# Anyone able to suggest a good Compression Tester?



## Rags2Fishes (Sep 4, 2018)

Hello, Thank you for the add to this forum.

I have been looking at Compression Testers and see quite a price variance. Can anyone suggest a good lower price tester for a basic Do it yourselfer? 

I appreciate all replies!


----------



## KMixson (Sep 4, 2018)

I had bought one from Sears sometime around 1980 and it has lasted me this long. It is just a simple gauge with a hose and a couple of different adapters for the different thread patterns.


----------



## Weldorthemagnificent (Sep 4, 2018)

Mine came from Napa auto parts. Don’t spend the Farm on a snap on or other high dollar gizmo. 


Sent from my iPhone using Tapatalk


----------



## Rags2Fishes (Sep 4, 2018)

Thank you for your replies. I am still searching. I did look at Craftsman, my only thought is are they as good now as they were then. I see K-Mart and Lowes both sell Craftsman now. I know MAC and Snap-On are out of range as I'm not a shop. Harbor Freight's didn't have a good review. 

Anyone offer the lifetime warranty like NAPA, etc.? Still open for more suggestions!


----------



## DS49 (Sep 4, 2018)

If you are only going to use it occasionally and don't want to have one of your own, both Autozone and Advance have units you can borrow for free.


----------



## MrGiggles (Sep 4, 2018)

OTC makes some that are affordable, and are better qualtiy than what you'll find at most places.

I have a very inexpensive set from eBay, had them for almost 10 years and they still work fine. I hardly use them though.

A word of advice, if you plan to use it on small engines, get one that has a Schrader valve in the tip, right where it screws into the cylinder. If it is mid length in the hose, the volume of the hose adds to the volume of the compression chamber (lowering the compression ratio) and you will get false low readings.


----------



## 86tuning (Sep 4, 2018)

The snap-on gauge itself isn't that expensive. It's the box and accessory hoses that cost a mint. So if you only need ONE hose you can buy it piece by piece, and save a bunch of money for a quality gauge.
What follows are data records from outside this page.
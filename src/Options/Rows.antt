-- ===== src/Options/Rows.antt =====
-- src/options.c: the array `cli_opts`. The version of the package comes from the build, as does
-- whether DEBUG is defined.
use freenote_probe.Base.{ℕ, Bool, Option, none, some, List, [], ◌∷◌, ◌++◌, if◌then◌else◌}
use freenote_probe.CString.{Bytes, codes}

-- A row of the array; `none` is a null pointer.
pub record CliOpt : Type 0 where
  pub name : Bytes
  pub def_val : Option Bytes
  pub value : Option Bytes
  pub flags : ℕ
  pub type : ℕ
  pub sname : ℕ
  pub usage : Option Bytes

pub record Build : Type 0 where
  pub debug : Bool
  pub package_name : Bytes
  pub package_version : Bytes

abbrev o_user_w : ℕ
o_user_w = 1

abbrev o_serv_w : ℕ
o_serv_w = 2

-- O_USER_W | O_SERV_W
abbrev o_both_w : ℕ
o_both_w = 3

abbrev pub row : Bytes → Option Bytes → ℕ → ℕ → ℕ → Option Bytes → CliOpt
row name def_val flags type sname usage = record {
  name = name;
  def_val = def_val;
  value = none;
  flags = flags;
  type = type;
  sname = sname;
  usage = usage;
}

abbrev def_base : Bytes
def_base = codes "~/.freenote"

abbrev server_name : Bytes
server_name = codes "freenote.petta-tech.com"

-- The rows in the source's order. The terminating row, whose name is null, is the end of the list.
unfoldable pub cli_opts : Build → List CliOpt
cli_opts build =
    row (codes "interval") (some (codes "60")) o_both_w b'i' b'i'
      (some (codes "Sleep interval between jobs (Minimum 15)"))
    ∷ row (codes "base-dir") (some def_base) o_user_w b's' b'b'
        (some (codes "Directory containing the FreeNote config and\nID files"))
    ∷ row (codes "daemon") (some (if build.debug then codes "0" else codes "1")) o_user_w b'i' b'd'
        (some (codes "Daemonize and run in the background"))
    ∷ row (codes "config-file") (some (def_base ++ codes "/rc")) o_user_w b's' b'f'
        (some (codes "Configuration file for the FreeNote Probe"))
    ∷ row (codes "pid-file") (some (def_base ++ codes "/" ++ build.package_name ++ codes ".pid"))
        o_user_w b's' b'p' (some (codes "Location where the PID file is stored."))
    ∷ row (codes "log-method") (some (codes "syslog")) o_user_w b's' b'l'
        (some (codes "Logging method to use"))
    ∷ row (codes "su-user") (some (codes "nobody")) o_user_w b's' b'u'
        (some (codes "User (username or uid) to attempt to become if possible."))
    ∷ row (codes "verbosity") (some (if build.debug then codes "9" else codes "1")) o_user_w b'i'
        b'v'
        (some (
          codes "Messages to report or log.  0 for serious errors\nonly, 1 for "
          ++ codes "warnings, up to 3 for incredible verbosity."))
    ∷ row (codes "limit-runs") (some (codes "0")) o_user_w b'i' 0
        (some (codes "Exit after a certain number of iterations.\n(0 = unlimited)"))
    ∷ row (codes "version") (some (codes "0")) o_user_w b'i' b'V'
        (some (codes "Show the version number and exit"))
    ∷ row (codes "keepalive") (some (codes "1")) o_user_w b'i' b'k'
        (some (codes "Make sure the probe survives"))
    ∷ row (codes "no-tokens") (some (codes "0")) o_user_w b'i' b'n'
        (some (codes "Force no registration.  (You won't earn tokens.)"))
    ∷ row (codes "setup") (some (codes "0")) o_user_w b'i' 0
        (some (codes "Interactive team setup before starting the probe."))
    ∷ row (codes "auto-setup") (none) o_user_w b's' 0
        (some (codes "Non-interactive setup.  Specify 'team_name:pin_code'"))
    ∷ row (codes "help") (some (codes "0")) o_user_w b'i' b'h' (some (codes "Show help."))
    ∷ row (codes "network-timeout") (some (codes "120")) o_both_w b'i' 0 (none)
    ∷ row (codes "max-page-recursion") (some (codes "2")) o_serv_w b'i' 0 (none)
    ∷ row (codes "user-agent") (some (codes "FreeNoteProbe/" ++ build.package_version)) o_serv_w
        b's' 0 (none)
    ∷ row (codes "dispatch-server") (some server_name) o_serv_w b's' 0 (none)
    ∷ row (codes "collection-server") (some server_name) o_serv_w b's' 0 (none)
    ∷ []
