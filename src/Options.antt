-- ===== src/Options.antt =====
-- src/options.c: the table of options, and reading and changing their values. The children model the
-- command line and the help text.
pub mod Rows
pub mod Search
pub mod CommandLine
pub mod Usage
pub mod Values
pub mod Checked
pub mod Arguments
pub mod Assignment
pub use freenote_probe.Ran.{
  Ran, returns, aborts, exits, faults, waits, ◌>>=◌, Always, Always->>=, Always-weaken,
}
use mathlib.Core.Option
use freenote_probe.Options.Rows.{CliOpt}
use freenote_probe.Base.{
  ℕ, suc, ◌+◌, Bool, true, false, ◌&&◌, Option, none, some, List, [], ◌∷◌, ◌++◌, ◌==◌,
  if◌then◌else◌, length, get_elem?, set, take, drop, map,
}
use freenote_probe.Base.Int.{ℤ}
use freenote_probe.CString.{Bytes, codes, starts_with, atoi}

-- The table, and the static variables `i` of `read_int_opt` and of `opt_is_valid_i`.
pub record Options : Type 0 where
  pub rows : List CliOpt
  pub int_cursor : ℕ
  pub valid_cursor : ℕ

-- !strncmp(opt, cli_opts[i].name, strlen(cli_opts[i].name))
unfoldable pub matches : Bytes → CliOpt → Bool
matches opt r = starts_with opt r.name

-- The first index that passes the test.
unfoldable pub first : (CliOpt → Bool) → List CliOpt → Option ℕ
first test [] = none
first test (r ∷ rows) = if test r then some 0 else Option.map suc (first test rows)

-- The second loop of a search stops at `start`.
unfoldable pub wrapped : ℕ → Option ℕ → Option ℕ × ℕ
wrapped start (some n) = (some n, n)
wrapped start none = (none, start)

unfoldable pub onward : ℕ → ℕ → Option ℕ × ℕ → Option ℕ → Option ℕ × ℕ
onward start end rest (some n) = (some (start + n), start + n)
onward start end rest none = if start == 0 then (none, end) else rest

-- The two loops of a search with a static variable that stands at `start`: from there to the end of
-- the table, then from 0 to `start`. The second result is where the variable stands afterwards.
unfoldable pub search_from : (CliOpt → Bool) → List CliOpt → ℕ → Option ℕ × ℕ
unfolding first wrapped onward
search_from test rows start =
    onward start (length rows) (wrapped start (first test (take start rows)))
      (first test (drop start rows))

abbrev pub moved : Options → Option ℕ × ℕ → Option ℕ × Options
moved o (found, cursor) = (found, record o { valid_cursor = cursor })

-- The index of the option and the table with the variable moved.
unfoldable pub opt_is_valid_i : Options → Bytes → Option ℕ × Options
opt_is_valid_i o opt = moved o (search_from (matches opt) o.rows o.valid_cursor)

unfoldable pub opt_is_valid : Options → Bytes → Bool × Options
opt_is_valid o opt =
    let (found, next) = opt_is_valid_i o opt in (elim found [ none ↦ false | some n ↦ true ], next)

abbrev pub in_array : Option CliOpt → Ran CliOpt
in_array none = faults
in_array (some r) = returns r

-- The row that a search found. An option that no search finds is a mistake of the program, which
-- aborts.
abbrev pub found_row : List CliOpt → Option ℕ → Ran (ℕ × CliOpt)
found_row rows none = aborts
found_row rows (some n) = in_array (get_elem? rows n) >>= λ r. returns (n, r)

-- The value of a row, or its default, which is null for one option.
abbrev pub value_or : Option Bytes → Option Bytes → Option Bytes
value_or default none = default
value_or default (some v) = some v

abbrev pub current : CliOpt → Option Bytes
current r = value_or r.def_val r.value

abbrev pub store_value : List CliOpt → Bytes → Option ℕ × Options → Ran Options
store_value rows optval (found, next) = found_row rows found >>= λ (n, r).
    returns (record next { rows = set rows n (record r { value = some optval }) })

unfoldable pub set_opt : Options → Bytes → Bytes → Ran Options
set_opt o optname optval = store_value o.rows optval (opt_is_valid_i o optname)

abbrev pub load : List CliOpt → Option ℕ × Options → Ran (Option Bytes × Options)
load rows (found, next) = found_row rows found >>= λ (n, r). returns (current r, next)

unfoldable pub read_str_opt : Options → Bytes → Ran (Option Bytes × Options)
read_str_opt o opt = load o.rows (opt_is_valid_i o opt)

abbrev pub unset : Option Bytes → Bool
unset none = true
unset (some v) = false

abbrev pub load_default : List CliOpt → Option ℕ × Options → Ran (Bool × Options)
load_default rows (found, next) = found_row rows found >>= λ (n, r). returns (unset r.value, next)

unfoldable pub is_default_opt : Options → Bytes → Ran (Bool × Options)
is_default_opt o opt = load_default o.rows (opt_is_valid_i o opt)

unfoldable pub int_matches : Bytes → CliOpt → Bool
unfolding matches
int_matches opt r = r.type == b'i' && matches opt r

-- atoi of a null pointer is a fault.
abbrev pub int_of : Option Bytes → Ran ℤ
int_of none = faults
int_of (some v) = returns (atoi v)

abbrev pub load_int : Options → Option ℕ × ℕ → Ran (ℤ × Options)
load_int o (found, cursor) = found_row o.rows found >>= λ (n, r).
    int_of (current r) >>= λ i. returns (i, record o { int_cursor = cursor })

unfoldable pub read_int_opt : Options → Bytes → Ran (ℤ × Options)
read_int_opt o opt = load_int o (search_from (int_matches opt) o.rows o.int_cursor)

-- strdup of a null pointer is a fault.
unfoldable pub read_str_opt_dup : Options → Bytes → Ran (Bytes × Options)
unfolding read_str_opt
read_str_opt_dup o opt =
    read_str_opt o opt >>= λ (v, next). elim v [ none ↦ faults | some s ↦ returns (s, next) ]

-- A leading "~/" stands for the directory in HOME, or for the current one without HOME.
unfoldable pub expand : Option Bytes → Bytes → Bytes
unfolding starts_with
expand home file =
    if starts_with file (codes "~/")
    then elim home [ none ↦ [] | some h ↦ h ] ++ drop 1 file
    else file

unfoldable pub read_file_opt_dup : Option Bytes → Options → Bytes → Ran (Bytes × Options)
unfolding read_str_opt_dup expand
read_file_opt_dup home o opt = read_str_opt_dup o opt >>= λ (s, next). returns (expand home s, next)

unfoldable pub finish_options : Options → Options
finish_options o = record o { rows = map (λ (r : CliOpt). record r { value = none }) o.rows }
Thing that kills a gauge or any measuring tool is impact. So keep it in a box, and be careful not to drop it. Both of my snap-on compression gauges are over 20 years old, and work just fine. I have one at home, and one at the office.

I also prefer their torque wrenches.

The real question is, why do you think you need a compression gauge? Usually they are only useful for confirming that the jug is dead. Or checking an engine that doesn't run, before purchasing it.


----------



## Rags2Fishes (Sep 4, 2018)

86tuning said:


> The snap-on gauge itself isn't that expensive. It's the box and accessory hoses that cost a mint. So if you only need ONE hose you can buy it piece by piece, and save a bunch of money for a quality gauge.
> 
> Thing that kills a gauge or any measuring tool is impact. So keep it in a box, and be careful not to drop it. Both of my snap-on compression gauges are over 20 years old, and work just fine. I have one at home, and one at the office.
> 
> ...



Hi 86tuning, it would be for checking a few motors before purchase. I thought I would buy a couple of the same motors if possible to have spare parts on hand. I live in an area where there are many boats from fresh water lakes. Odds are good I'll find another! Plus I have some other things around where it might be good to have one handy. I live in a rural area and it might not be feasible to borrow one from Advance Auto or Autozone. They are both 25 miles each way and if I'm out on a "buy" maybe further. Thank you for replying.


----------



## Rags2Fishes (Sep 4, 2018)

MrGiggles said:


> OTC makes some that are affordable, and are better qualtiy than what you'll find at most places.
> 
> I have a very inexpensive set from eBay, had them for almost 10 years and they still work fine. I hardly use them though.
> 
> A word of advice, if you plan to use it on small engines, get one that has a Schrader valve in the tip, right where it screws into the cylinder. If it is mid length in the hose, the volume of the hose adds to the volume of the compression chamber (lowering the compression ratio) and you will get false low readings.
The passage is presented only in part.